◆ **GIVEN ENTRIES**
-- ===== src/RunState/Approvals.antt =====
-- The approval events of src/card/run-state.ts.
use lark_remote.Common.{
  Bool, true, false, List, [], ◌∷◌, ◌++◌, map, filter, any, not, if◌then◌else◌, str_eq, ◌==◌,
}
use lark_remote.RunState.Types.{RequestId, ApprovalView, Approval, RunState}

-- `===` on request ids.
abbrev pub same_request : RequestId → RequestId → Bool
same_request (RequestId.num a) (RequestId.num b) = a == b
same_request (RequestId.str a) (RequestId.str b) = str_eq a b
same_request (RequestId.num a) (RequestId.str b) = false
same_request (RequestId.str a) (RequestId.num b) = false

abbrev pub is_request : RequestId → Approval → Bool
is_request id a = same_request a.view.request_id id

-- The first approval of the request is replaced where it stands.
abbrev pub replace_request : RequestId → Approval → List Approval → List Approval
replace_request id new [] = []
replace_request id new (a ∷ others) =
    let rest = a ∷ replace_request id new others in if is_request id a then new ∷ others else rest

unfoldable pub request_approval : RequestId → ApprovalView → List Approval → List Approval
request_approval id view approvals =
    let new : Approval = record { view = view; expired = false } in
    if any (is_request id) approvals
    then replace_request id new approvals
    else approvals ++ new ∷ []

unfoldable pub reduce_approval_requested_event : RequestId → ApprovalView → RunState → RunState
unfolding request_approval
reduce_approval_requested_event id view state = record state {
  approvals = request_approval id view state.approvals;
}

unfoldable pub reduce_approval_resolved_event : RequestId → RunState → RunState
reduce_approval_resolved_event id state = record state {
  approvals = filter (λ a. not (is_request id a)) state.approvals;
}

unfoldable pub reduce_approval_view_updated_event : RequestId → ApprovalView → RunState → RunState
reduce_approval_view_updated_event id view state = record state {
  approvals = map (λ a. if is_request id a then record a { view = view } else a) state.approvals;
}

unfoldable pub reduce_approval_expired_event : RequestId → RunState → RunState
reduce_approval_expired_event id state = record state {
  approvals = map (λ a. if is_request id a then record a { expired = true } else a) state.approvals;
  approval_expired = true;
}
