-- ===== src/Approval/Types.antt =====
-- The state of src/bridge/approval-coordinator.ts. A timer is the time at which it fires. A label, an
-- answer and a remark is a text; the name of a decision is a string. What a view shows besides is the
-- number of a value.
use lark_remote.Common.{
  ℕ, String, Text, Bool, true, false, List, [], ◌∷◌, Option, none, some, if◌then◌else◌,
}
use lark_remote.RunState.Types.{RequestId}
use lark_remote.RunState.Approvals.{same_request}

pub data ApprovalState : Type 0 where
  pending submitting resolved failed expired : ApprovalState

pub data ApprovalKind : Type 0 where
  command file permissions question tool : ApprovalKind

pub record UserQuestion : Type 0 where
  pub question : Text
  pub multi_select : Bool
  pub options : List Text
  pub selected : Option (List Text)
  pub note : Option Text

pub record PermItem : Type 0 where
  pub id : String
  pub selected : Bool

pub record RequestView : Type 0 where
  pub kind : ApprovalKind
  pub tool_name : Option String
  pub plan : Option Text
  pub plan_feedback : Option Text
  pub permissions : Option (List PermItem)
  pub questions : Option (List UserQuestion)
  pub available_decisions : List String
  pub delivery_error : Option Text
  pub shown : ℕ

pub record TrackedApproval : Type 0 where
  pub request_id : RequestId
  pub kind : ApprovalKind
  pub state : ApprovalState
  pub view : RequestView
  pub created_at : ℕ
  pub timeout_timer : Option ℕ
  pub timeout_ms : ℕ
  pub answers : List (ℕ × List Text)
  pub notes : List (ℕ × Text)
  pub feedback : Option Text

-- The answer to a question: a list where several may be chosen, else a text, which is missing when
-- nothing was chosen.
pub data Answer : Type 0 where
  one_of : Option Text → Answer
  many_of : List Text → Answer

pub data ApprovalAction : Type 0 where
  accept accept_for_session accept_with_execpolicy_amendment accept_all : ApprovalAction
  decline cancel : ApprovalAction
  decline_with_feedback accept_with_feedback : Text → ApprovalAction
  answer : List (Text × Answer) → List (Text × Text) → ApprovalAction

-- Why a call throws.
pub data Refusal : Type 0 where
  not_found duplicate_nonce not_pending not_available : Refusal
  feedback_missing text_missing not_permissions no_items item_missing : Refusal
  not_question question_missing option_missing : Refusal
  not_multiple not_single nothing_selected not_plan : Refusal

-- What the coordinator calls: the responder, the card and the interrupt of the turn.
pub data Call : Type 0 where
  respond : RequestId → ApprovalAction → Call
  view_updated : RequestId → RequestView → Call
  pushed_resolved pushed_expired : RequestId → Call
  interrupt_turn : Call

pub record Coordinator : Type 0 where
  pub approvals : List TrackedApproval
  pub submitted_nonces : List (RequestId × String)
  pub user_cancelled : Bool
  pub approval_timeout_ms : ℕ

-- A call of the responder that has not settled: of a submission, with its nonce, or of an expiry.
pub record Flight : Type 0 where
  pub request_id : RequestId
  pub action : ApprovalAction
  pub nonce : Option String
  pub expiry : Bool

-- The state after a call, the calls made, the flight begun and the refusal thrown.
pub record Outcome : Type 0 where
  pub next : Coordinator
  pub calls : List Call
  pub flight : Option Flight
  pub refused : Option Refusal

abbrev pub is_pending : ApprovalState → Bool
is_pending ApprovalState.pending = true
is_pending _ = false

-- `Map.get`.
abbrev pub get_tracked : RequestId → List TrackedApproval → Option TrackedApproval
get_tracked id [] = none
get_tracked id (t ∷ ts) =
    let rest = get_tracked id ts in if same_request t.request_id id then some t else rest

-- The object of the request is changed in place.
abbrev pub update_tracked :
    RequestId → (TrackedApproval → TrackedApproval) → List TrackedApproval → List TrackedApproval
update_tracked id f [] = []
update_tracked id f (t ∷ ts) =
    let rest = t ∷ update_tracked id f ts in if same_request t.request_id id then f t ∷ ts else rest

abbrev pub change : RequestId → (TrackedApproval → TrackedApproval) → Coordinator → Coordinator
change id f c = record c { approvals = update_tracked id f c.approvals }

abbrev pub refuse : Refusal → Coordinator → Outcome
refuse r c = record { next = c; calls = []; flight = none; refused = some r }

abbrev pub done : List Call → Coordinator → Outcome
done calls c = record { next = c; calls = calls; flight = none; refused = none }
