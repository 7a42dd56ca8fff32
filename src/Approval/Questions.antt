-- ===== src/Approval/Questions.antt =====
-- The questions of a request in src/bridge/approval-coordinator.ts: recorded answers, their shape
-- when they are sent, and the view that shows them.
use lark_remote.Common.{
  ℕ, zero, suc, ◌==◌, Text, text_eq, Bool, true, false, ◌&&◌, not, List, [], ◌∷◌, ◌++◌, filter, any,
  lit, Option, none, some, or_else, if◌then◌else◌,
}
use lark_remote.Approval.Types.{
  ApprovalKind, UserQuestion, RequestView, TrackedApproval, Answer, one_of, many_of,
}

-- `Map.get` and `Map.set` on question indices.
abbrev pub get_at {ℓ} : {A : Type ℓ} → ℕ → List (ℕ × A) → Option A
get_at i [] = none
get_at i ((j, a) ∷ rest) = let further = get_at i rest in if j == i then some a else further

abbrev pub put_at {ℓ} : {A : Type ℓ} → ℕ → A → List (ℕ × A) → List (ℕ × A)
put_at i a [] = (i, a) ∷ []
put_at i a ((j, b) ∷ rest) =
    let further = (j, b) ∷ put_at i a rest in if j == i then (j, a) ∷ rest else further

-- The field is replaced, or added.
abbrev pub set_key {ℓ} : {A : Type ℓ} → Text → A → List (Text × A) → List (Text × A)
set_key k a [] = (k, a) ∷ []
set_key k a ((j, b) ∷ rest) =
    let further = (j, b) ∷ set_key k a rest in if text_eq j k then (j, a) ∷ rest else further

-- `__proto__`.
abbrev pub proto_key : Text
proto_key = lit "__proto__"

-- `record[key] = value` on an object literal, by its own fields: of every text it makes one, but for
-- `__proto__`, which sets the prototype, if the value is an object, and makes no field.
abbrev pub put_key {ℓ} : {A : Type ℓ} → Text → A → List (Text × A) → List (Text × A)
put_key k a m = if text_eq k proto_key then m else set_key k a m

abbrev pub question_at : ℕ → List UserQuestion → Option UserQuestion
question_at i [] = none
question_at zero (q ∷ qs) = some q
question_at (suc i) (q ∷ qs) = question_at i qs

abbrev pub change_question :
    ℕ → (UserQuestion → UserQuestion) → List UserQuestion → List UserQuestion
change_question i f [] = []
change_question zero f (q ∷ qs) = f q ∷ qs
change_question (suc i) f (q ∷ qs) = q ∷ change_question i f qs

abbrev pub questions_of : RequestView → List UserQuestion
questions_of v = or_else v.questions []

abbrev pub change_view_question : ℕ → (UserQuestion → UserQuestion) → RequestView → RequestView
change_view_question i f v = record v {
  questions = elim v.questions [ none ↦ none | some qs ↦ some (change_question i f qs) ];
}

abbrev pub has_answer : TrackedApproval → ℕ → Bool
has_answer t i = elim (or_else (get_at i t.answers) []) as (λ _. Bool) [
  | [] ↦ false
  | a ∷ rest ↦ true
]

-- Whether the questions from the index on are all answered.
abbrev pub answered_from : TrackedApproval → ℕ → List UserQuestion → Bool
answered_from t i [] = true
answered_from t i (q ∷ qs) = has_answer t i && answered_from t (suc i) qs

unfoldable pub all_questions_answered : TrackedApproval → Bool
all_questions_answered t = elim (questions_of t.view) as (λ _. Bool) [
  | [] ↦ false
  | q ∷ qs ↦ answered_from t 0 (q ∷ qs)
]

unfoldable pub record_answer : ℕ → List Text → TrackedApproval → TrackedApproval
record_answer i values t = record t { answers = put_at i values t.answers }

abbrev pub first_answer : List Text → Option Text
first_answer [] = none
first_answer (a ∷ rest) = some a

abbrev pub answer_for : UserQuestion → List Text → Answer
answer_for q selected = if q.multi_select then many_of selected else one_of (first_answer selected)

-- The loop that builds `answers`, an object by question text.
abbrev pub answers_from :
    TrackedApproval → ℕ → List UserQuestion → List (Text × Answer) → List (Text × Answer)
answers_from t i [] out = out
answers_from t i (q ∷ qs) out =
    answers_from t (suc i) qs
      (put_key q.question (answer_for q (or_else (get_at i t.answers) [])) out)

-- A remark that is missing or empty is left out.
abbrev pub put_note : Text → Option Text → List (Text × Text) → List (Text × Text)
put_note q none out = out
put_note q (some []) out = out
put_note q (some (c ∷ cs)) out = put_key q (c ∷ cs) out

abbrev pub notes_from :
    TrackedApproval → ℕ → List UserQuestion → List (Text × Text) → List (Text × Text)
notes_from t i [] out = out
notes_from t i (q ∷ qs) out = notes_from t (suc i) qs (put_note q.question (get_at i t.notes) out)

abbrev pub reapply_one : TrackedApproval → ℕ → UserQuestion → UserQuestion
reapply_one t i q = record q {
  selected = elim (get_at i t.answers) [ none ↦ q.selected | some a ↦ some a ];
  note = elim (get_at i t.notes) [ none ↦ q.note | some n ↦ some n ];
}

abbrev pub reapply_from : TrackedApproval → ℕ → List UserQuestion → List UserQuestion
reapply_from t i [] = []
reapply_from t i (q ∷ qs) = reapply_one t i q ∷ reapply_from t (suc i) qs

abbrev pub asks : ApprovalKind → Bool
asks ApprovalKind.question = true
asks _ = false

-- A view without questions stays as it is.
unfoldable pub reapply_recorded_answers : TrackedApproval → RequestView → RequestView
reapply_recorded_answers t v =
    if asks v.kind && asks t.kind
    then elim v.questions [
      | none ↦ v
      | some qs ↦ record v { questions = some (reapply_from t 0 qs) }
    ]
    else v

-- The labels of a `Set`: each once, where it stood first.
abbrev pub as_set : List Text → List Text
as_set [] = []
as_set (l ∷ ls) = l ∷ filter (λ x. not (text_eq x l)) (as_set ls)

-- A label is taken out of the `Set`, or put in at the end.
abbrev pub toggle_label : Text → List Text → List Text
toggle_label l labels =
    let chosen = as_set labels in
    if any (λ x. text_eq x l) chosen
    then filter (λ x. not (text_eq x l)) chosen
    else chosen ++ l ∷ []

◆ **EXERCISE GOAL**
The response must consist solely of the lines from the top of the records through the line holding "-- The first", copied word for word.

◆ **ANSWER BELOW**
-- ===== src/RunState/Approvals.antt =====
-- The approval events of src/card/run-state.ts.
use lark_remote.Common.{
  Bool, true, false, List, [], ◌∷◌, ◌++◌, map, filter, any, not, if◌then◌else◌, str_eq, ◌==◌,
}
use lark_remote.RunState.Types.{RequestId, ApprovalView, Approval, RunState}

-- `===` on request ids.
abbrev pub same_request : RequestId → RequestId → Bool
same_request (RequestId.num a) (RequestId.num b) = a == b
same_request (RequestId.str a) (RequestId.str b) = str_eq a b
same_request (RequestId.num a) (RequestId.str b) = false
same_request (RequestId.str a) (RequestId.num b) = false

abbrev pub is_request : RequestId → Approval → Bool
is_request id a = same_request a.view.request_id id

-- The first approval of the request is replaced where it stands.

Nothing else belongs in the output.